**Task statement**
Search the records for the word "else" and pick out every line that has it.

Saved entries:
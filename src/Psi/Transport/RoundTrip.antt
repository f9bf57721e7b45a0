-- ===== src/Psi/Transport/RoundTrip.antt =====
-- Sections through `sec2ts::section` and `flush`, and its packets through `psi_extractor::ts_packet`.
use mathlib.Core.Path.{subst}
use mopa.Base.{
  ℕ, suc, ◌≡◌, refl, sym, ap, ◌∙◌, arith, none, List, [], ◌∷◌, ◌++◌, Bool, true, false, length, leb,
  not, ◌==◌, if◌then◌else◌, append_assoc, append-nil, Outcome, ok, throw, fault, out_of_fuel, bind,
  ==_iff, if_elim, leb→gt, leb→le, overwrite,
}
use mopa.Psi.Extractor.{Memcpy, wait_start, Extractor, Sections}
use mopa.Psi.Transport.Lengths.{CopiesInPlace, IsSent, AllSent, none_sent, one_sent}
use mopa.Psi.Packetizer.{Packetizer, Packets, finished, fix_header, afc_of, more, section, flush}
use mopa.Psi.Extractor.Resuming.{undo_not}
use mopa.Psi.Packetizer.Copying.{cleared}
use mopa.Psi.Transport.Link.{Fits, Link, idle, busy, Delivers, Delivers-nothing, Delivers-bind}
use mopa.Psi.Transport.Delivery.{first_lem, behind_lem}
use mopa.Psi.Transport.Joining.{flushed_lem, padded_lem}
use mopa.Psi.Transport.Pointing.{pointed_lem}
use mopa.Psi.Transport.{send, transmit, relay}

module _ ⦃m : Memcpy⦄ ⦃place : CopiesInPlace⦄ {S : Type 0} where
  -- One section more.
  section_lem :
      (s : List ℕ) (c : Packetizer S) (e : Extractor) (pending : Sections)
      → Link c e pending
      → IsSent e.max_section_size s
      → Delivers (section none (suc (length s)) s c) e (pending ++ s ∷ [])
  unfolding section
  section_lem s c e pending x one =
      if_elim (λ r. Delivers {S = S} r e (pending ++ s ∷ [])) (c.payload_start == 0) _ _
        (λ none_begun. elim x.phase [
          | idle start unset waits nothing ↦
              subst (λ ss. Delivers {S = S} (more none fuel false s c) e (ss ++ s ∷ []))
                (sym nothing) (first_lem fuel s c e (omega arith) x.fits x.set waits one)
          | busy b ↦ absurd (ground (arith, b.start))
        ])
        (λ begun. elim x.phase [
          | idle start unset waits nothing ↦ absurd (ground arith)
          | busy b ↦
              if_elim (λ r. Delivers {S = S} r e (pending ++ s ∷ [])) (not c.pusi) _ _
                (λ unset.
                  if_elim (λ r. Delivers {S = S} r e (pending ++ s ∷ [])) (leb 187 c.payload_end) _
                    _
                    (λ full.
                      padded_lem fuel s c e pending (omega arith) x.fits x.set x.all one
                        (cleared c.pusi unset) (leb→le _ _ full) b)
                    (λ room.
                      pointed_lem fuel s c e pending (omega arith) x.fits x.set x.all one
                        (cleared c.pusi unset) (leb→gt _ _ room) b))
                (λ pointed.
                  behind_lem fuel s c e pending (omega arith) x.fits x.set x.all one
                    (undo_not c.pusi pointed) b)
        ])
    where
      fuel : ℕ
      fuel = suc (length s)

  -- The packet that is begun goes out.
  flush_lem :
      (c : Packetizer S) (e : Extractor) (pending : Sections)
      → Link c e pending
      → Delivers (flush none c) e pending
  unfolding flush
  flush_lem c e pending x =
      if_elim (λ r. Delivers {S = S} r e pending) (c.payload_start == 0) _ _
        (λ none_begun. Delivers-nothing c e pending x)
        (λ begun. elim x.phase [
          | idle start unset waits nothing ↦ absurd (ground arith)
          | busy b ↦ flushed_lem c e pending x.fits x.set x.all b
        ])

  send_lem :
      (ss : Sections) (c : Packetizer S) (e : Extractor) (pending : Sections)
      → Link c e pending
      → AllSent e.max_section_size ss
      → Delivers (send ss c) e (pending ++ ss)
  unfolding send
  send_lem [] c e pending x none_sent =
      subst (Delivers (ok ([], c)) e) (sym (append-nil pending)) (Delivers-nothing c e pending x)
  send_lem (s ∷ ss) c e pending x (one_sent one all) =
      subst (Delivers _ e) (append_assoc pending (s ∷ []) ss) (
        Delivers-bind (section none (suc (length s)) s c) (send ss) e (pending ++ s ∷ []) ss
          (section_lem s c e pending x one)
          (λ d peer pend limit linked.
            send_lem ss d peer pend linked (subst (λ m. AllSent m ss) (sym limit) all)))

  -- No packet is begun.
  Settled : Outcome (Packets × Packetizer S) → Type 0
  Settled (ok (ps, c)) = c.payload_start ≡ 0
  Settled (throw e) = Unit
  Settled fault = Unit
  Settled out_of_fuel = Unit

  flush-Settled : (c : Packetizer S) → Settled (flush none c)
  unfolding flush overwrite Settled
  flush-Settled c =
      if_elim Settled (c.payload_start == 0) _ _ (λ e. (==_iff c.payload_start 0).0 e)
        (λ _.
          at_end (leb _ _) _
            (λ packet. record (fix_header c.pusi (afc_of c) c) { packet = packet }))
    where
      at_end :
          (b : Bool) (packet : List ℕ) (k : List ℕ → Packetizer S)
          → Settled (bind (if b then ok packet else fault) (λ p. ok (p ∷ [], finished (k p))))
      at_end true packet k = refl
      at_end false packet k = tt

  Settled-bind :
      (r : Outcome (Packets × Packetizer S)) (k : Packetizer S → Outcome (Packets × Packetizer S))
      → ((c : Packetizer S) → Settled (k c))
      → Settled (bind r λ (ps, c). bind (k c) λ (qs, d). ok (ps ++ qs, d))
  unfolding Settled
  Settled-bind (ok (ps, c)) k h = last (k c) (h c)
    where
      last :
          (q : Outcome (Packets × Packetizer S))
          → Settled q
          → Settled (bind q λ (qs, d). ok (ps ++ qs, d))
      last (ok (qs, d)) e = e
      last (throw x) e = tt
      last fault e = tt
      last out_of_fuel e = tt
  Settled-bind (throw e) k h = tt
  Settled-bind fault k h = tt
  Settled-bind out_of_fuel k h = tt

  nothing_pending :
      (c : Packetizer S) (e : Extractor) (pending : Sections)
      → Link c e pending
      → c.payload_start ≡ 0
      → pending ≡ []
  nothing_pending c e pending x start = elim x.phase [
    | idle z unset waits nothing ↦ nothing
    | busy b ↦ absurd (omega (arith, b.start))
  ]

-- With a `memcpy` that leaves bytes copied to where they are: a packetizer without an adaptation
-- callback that has no packet begun, with a packet buffer of 188 bytes, a pid of 13 bits and a counter
-- below 16, and an extractor that waits for the start of a section and has its callback set: of any
-- sequence of sections within the extractor's limit, of 184 bytes or more, whose length field says how
-- long they are and whose first byte is not stuffing, given to `sec2ts::section` one by one and
-- followed by `flush`, the extractor that takes the packets hands over exactly these sections, in
-- order. No call faults or runs out of fuel.
pub relay_lem :
    ⦃m : Memcpy⦄ ⦃place : CopiesInPlace⦄ {S : Type 0} (ss : Sections) (c : Packetizer S)
    (e : Extractor)
    → Fits c
    → c.payload_start ≡ 0
    → c.pusi ≡ false
    → e.state ≡ wait_start
    → e.callback_set ≡ true
    → AllSent e.max_section_size ss
    → relay ss c e ≡ ok ss
unfolding relay transmit Settled
relay_lem ss c e fits start unset waits set' all =
    let link : Link c e [] = record {
      fits = fits;
      set = set';
      all = none_sent;
      phase = idle start unset waits refl;
    } in
    let sent =
      Delivers-bind (send ss c) (flush none) e ss [] (send_lem ss c e [] link all)
        λ d peer pending limit linked.
          subst (Delivers (flush none d) peer) (sym (append-nil pending))
            (flush_lem d peer pending linked) in
    let settled =
      subst Settled sent.returned (Settled-bind (send ss c) (flush none) flush-Settled) in
    let nothing = nothing_pending sent.next sent.peer sent.pending sent.linked settled in
    rw (sent.returned, sent.received)
      (ap ok (
        sym (append-nil sent.handed)
        ∙ ap (λ x. sent.handed ++ x) (sym nothing)
        ∙ sent.in_order
        ∙ append-nil ss))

**Response to the task**
  not, ◌==◌, if◌then◌else◌, append_assoc, append-nil, Outcome, ok, throw, fault, out_of_fuel, bind,
          → Settled (bind (if b then ok packet else fault) (λ p. ok (p ∷ [], finished (k p))))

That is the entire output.